(Collected data entries)
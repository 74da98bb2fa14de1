-- ===== src/Index/Definition/RoundTrip.antt =====
-- Reading back what `IndexDef::encode` wrote.
use stratodb.Base.{
  ℕ, ◌%◌, ◌^◌, ◌<◌, ◌≡◌, refl, sym, ◌∙◌, List, [], ◌∷◌, ◌++◌, append_assoc, append-nil, length,
  Bool, true, false, not, ◌==◌, All, Text, is_utf8, from_utf8, be_bytes, arith,
}
use stratodb.Error.{ok}
use stratodb.Codec.{put_u32}
use stratodb.Codec.Reads.{
  Reads, Reads-after, Reads-pure, Reads-lift, Reads-bind, Reads-bind_last, Reads-u8, Reads-u32,
  Reads-bytes, put_bytes-run, run,
}
use stratodb.Scalar.Codec.{of_bool, or_corrupt}
use stratodb.Scalar.RoundTrip.{Reads-map}
use stratodb.Spath.Display.{show}
use stratodb.Spath.Canonical.{IsCanonical}
use stratodb.Spath.Canonical.RoundTrip.{parse-show}
use stratodb.Index.Definition.{
  Direction, asc, desc, to_byte, from_byte, IndexColumn, IndexDef, put_columns, encode, read_string,
  read_column, read_columns, decode,
}

-- A text that the format can hold.
abbrev pub IsStored : Text → Type 0
IsStored s = (is_utf8 s ≡ true) × (length s < 2 ^ 32)

abbrev pub IsColumn : IndexColumn → Type 0
IsColumn column = IsCanonical column.path × IsStored (show column.path)

pub record IsDefinition (def : IndexDef) : Type 0 where
  pub name_ok : IsStored def.name
  pub pattern_ok : IsStored def.pattern
  pub columns_ok : All IsColumn def.columns
  pub count_ok : length def.columns < 2 ^ 32

abbrev columns_image : List IndexColumn → List ℕ
columns_image [] = []
columns_image (column ∷ columns) =
    (run (show column.path) ++ to_byte column.direction ∷ []) ++ columns_image columns

abbrev pub def_image : IndexDef → List ℕ
def_image def =
    run def.name
    ++ (run def.pattern
        ++ (of_bool def.unique ∷ (be_bytes 4 (length def.columns) ++ columns_image def.columns)))

put_columns-image :
    (buf : List ℕ) (columns : List IndexColumn)
    → All IsColumn columns
    → put_columns buf columns ≡ buf ++ columns_image columns
unfolding put_columns
put_columns-image buf [] h = sym (append-nil buf)
put_columns-image buf (column ∷ columns) (h, hs) =
    rw
      (
        put_bytes-run buf (show column.path) h.1.1,
        append_assoc buf (run (show column.path)) (to_byte column.direction ∷ []),
      )
      (put_columns-image (buf ++ (run (show column.path) ++ to_byte column.direction ∷ [])) columns
          hs
        ∙ append_assoc buf (run (show column.path) ++ to_byte column.direction ∷ [])
            (columns_image columns))

pub encode-image :
    (buf : List ℕ) (def : IndexDef) → IsDefinition def → encode buf def ≡ buf ++ def_image def
unfolding encode put_u32
encode-image buf def h =
    let small : length def.columns % 2 ^ 32 ≡ length def.columns = omega (arith, h.count_ok) in
    rw
      (
        small,
        put_bytes-run buf def.name h.name_ok.1,
        put_bytes-run (buf ++ run def.name) def.pattern h.pattern_ok.1,
        put_columns-image _ def.columns h.columns_ok,
      )
      (simp append_assoc)

pub Reads-string : (s : Text) → IsStored s → Reads read_string (run s) s
unfolding read_string
Reads-string s (valid, fits) =
    Reads-bind_last _ _ (run s) s s (Reads-bytes s fits)
      (Reads-lift (or_corrupt (from_utf8 s)) s (rw valid))

from_byte-to_byte : (d : Direction) → from_byte (to_byte d) ≡ ok d
unfolding from_byte to_byte
from_byte-to_byte asc = refl
from_byte-to_byte desc = refl

Reads-column :
    (column : IndexColumn)
    → IsColumn column
    → Reads read_column (run (show column.path) ++ to_byte column.direction ∷ []) column
unfolding read_column
Reads-column column (canonical, stored) =
    Reads-bind _ _ (run (show column.path)) (to_byte column.direction ∷ []) (show column.path)
      column (Reads-string (show column.path) stored)
      (Reads-bind _ _ [] (to_byte column.direction ∷ []) column.path column
        (Reads-lift _ column.path (parse-show column.path canonical))
        (Reads-bind _ _ (to_byte column.direction ∷ []) [] (to_byte column.direction) column
          (Reads-u8 (to_byte column.direction))
          (Reads-bind _ _ [] [] column.direction column
            (Reads-lift _ column.direction (from_byte-to_byte column.direction))
            (Reads-pure column))))

Reads-columns :
    (columns : List IndexColumn)
    → All IsColumn columns
    → Reads (read_columns (length columns)) (columns_image columns) columns
unfolding read_columns
Reads-columns [] h = Reads-pure []
Reads-columns (column ∷ columns) (h, hs) =
    Reads-bind _ _ (run (show column.path) ++ to_byte column.direction ∷ []) (columns_image columns)
      column (column ∷ columns) (Reads-column column h)
      (Reads-map _ (λ rest. column ∷ rest) (columns_image columns) columns
        (Reads-columns columns hs))

unique_back : (b : Bool) → not (of_bool b == 0) ≡ b
unique_back false = refl
unique_back true = refl

pub Reads-decode : (def : IndexDef) → IsDefinition def → Reads decode (def_image def) def
unfolding decode
Reads-decode def h =
    Reads-bind _ _ (run def.name) _ def.name def (Reads-string def.name h.name_ok) (
      Reads-bind _ _ (run def.pattern) _ def.pattern def (Reads-string def.pattern h.pattern_ok) (
        Reads-bind _ _ (of_bool def.unique ∷ []) _ (of_bool def.unique) def
          (Reads-u8 (of_bool def.unique))
          (Reads-bind _ _ (be_bytes 4 (length def.columns)) (columns_image def.columns)
            (length def.columns) def (Reads-u32 (length def.columns) h.count_ok)
            (Reads-bind_last _ _ (columns_image def.columns) def.columns def
              (Reads-columns def.columns h.columns_ok)
              (rw (unique_back def.unique) (Reads-pure def))))))

-- A definition that was appended to a buffer is read back from there, whatever follows, and the
-- reader stops where it ends: its texts are UTF-8 of less than 2^32 bytes, and the paths of its
-- columns are canonical.
pub decode_def-encode :
    (buf : List ℕ) (def : IndexDef) (rest : List ℕ)
    → IsDefinition def
    → length (encode buf def ++ rest) < 2 ^ 64
    → decode (record { buf = encode buf def ++ rest; pos = length buf })
      ≡ ok (def, record { buf = encode buf def ++ rest; pos = length (encode buf def) })
decode_def-encode buf def rest h fits =
    let same = encode-image buf def h in
    rw same (Reads-after decode buf (def_image def) rest def (Reads-decode def h) (rw same at fits))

WHAT IS EXPECTED: Return, with no change at all, every line in the entries above from the line containing "columns_image [] = []" through the line containing "(column : IndexColumn)".

EXERCISE ANSWER:
columns_image [] = []
columns_image (column ∷ columns) =
    (run (show column.path) ++ to_byte column.direction ∷ []) ++ columns_image columns

abbrev pub def_image : IndexDef → List ℕ
def_image def =
    run def.name
    ++ (run def.pattern
        ++ (of_bool def.unique ∷ (be_bytes 4 (length def.columns) ++ columns_image def.columns)))

put_columns-image :
    (buf : List ℕ) (columns : List IndexColumn)
    → All IsColumn columns
    → put_columns buf columns ≡ buf ++ columns_image columns
unfolding put_columns
put_columns-image buf [] h = sym (append-nil buf)
put_columns-image buf (column ∷ columns) (h, hs) =
    rw
      (
        put_bytes-run buf (show column.path) h.1.1,
        append_assoc buf (run (show column.path)) (to_byte column.direction ∷ []),
      )
      (put_columns-image (buf ++ (run (show column.path) ++ to_byte column.direction ∷ [])) columns
          hs
        ∙ append_assoc buf (run (show column.path) ++ to_byte column.direction ∷ [])
            (columns_image columns))

pub encode-image :
    (buf : List ℕ) (def : IndexDef) → IsDefinition def → encode buf def ≡ buf ++ def_image def
unfolding encode put_u32
encode-image buf def h =
    let small : length def.columns % 2 ^ 32 ≡ length def.columns = omega (arith, h.count_ok) in
    rw
      (
        small,
        put_bytes-run buf def.name h.name_ok.1,
        put_bytes-run (buf ++ run def.name) def.pattern h.pattern_ok.1,
        put_columns-image _ def.columns h.columns_ok,
      )
      (simp append_assoc)

pub Reads-string : (s : Text) → IsStored s → Reads read_string (run s) s
unfolding read_string
Reads-string s (valid, fits) =
    Reads-bind_last _ _ (run s) s s (Reads-bytes s fits)
      (Reads-lift (or_corrupt (from_utf8 s)) s (rw valid))

from_byte-to_byte : (d : Direction) → from_byte (to_byte d) ≡ ok d
unfolding from_byte to_byte
from_byte-to_byte asc = refl
from_byte-to_byte desc = refl

Reads-column :
    (column : IndexColumn)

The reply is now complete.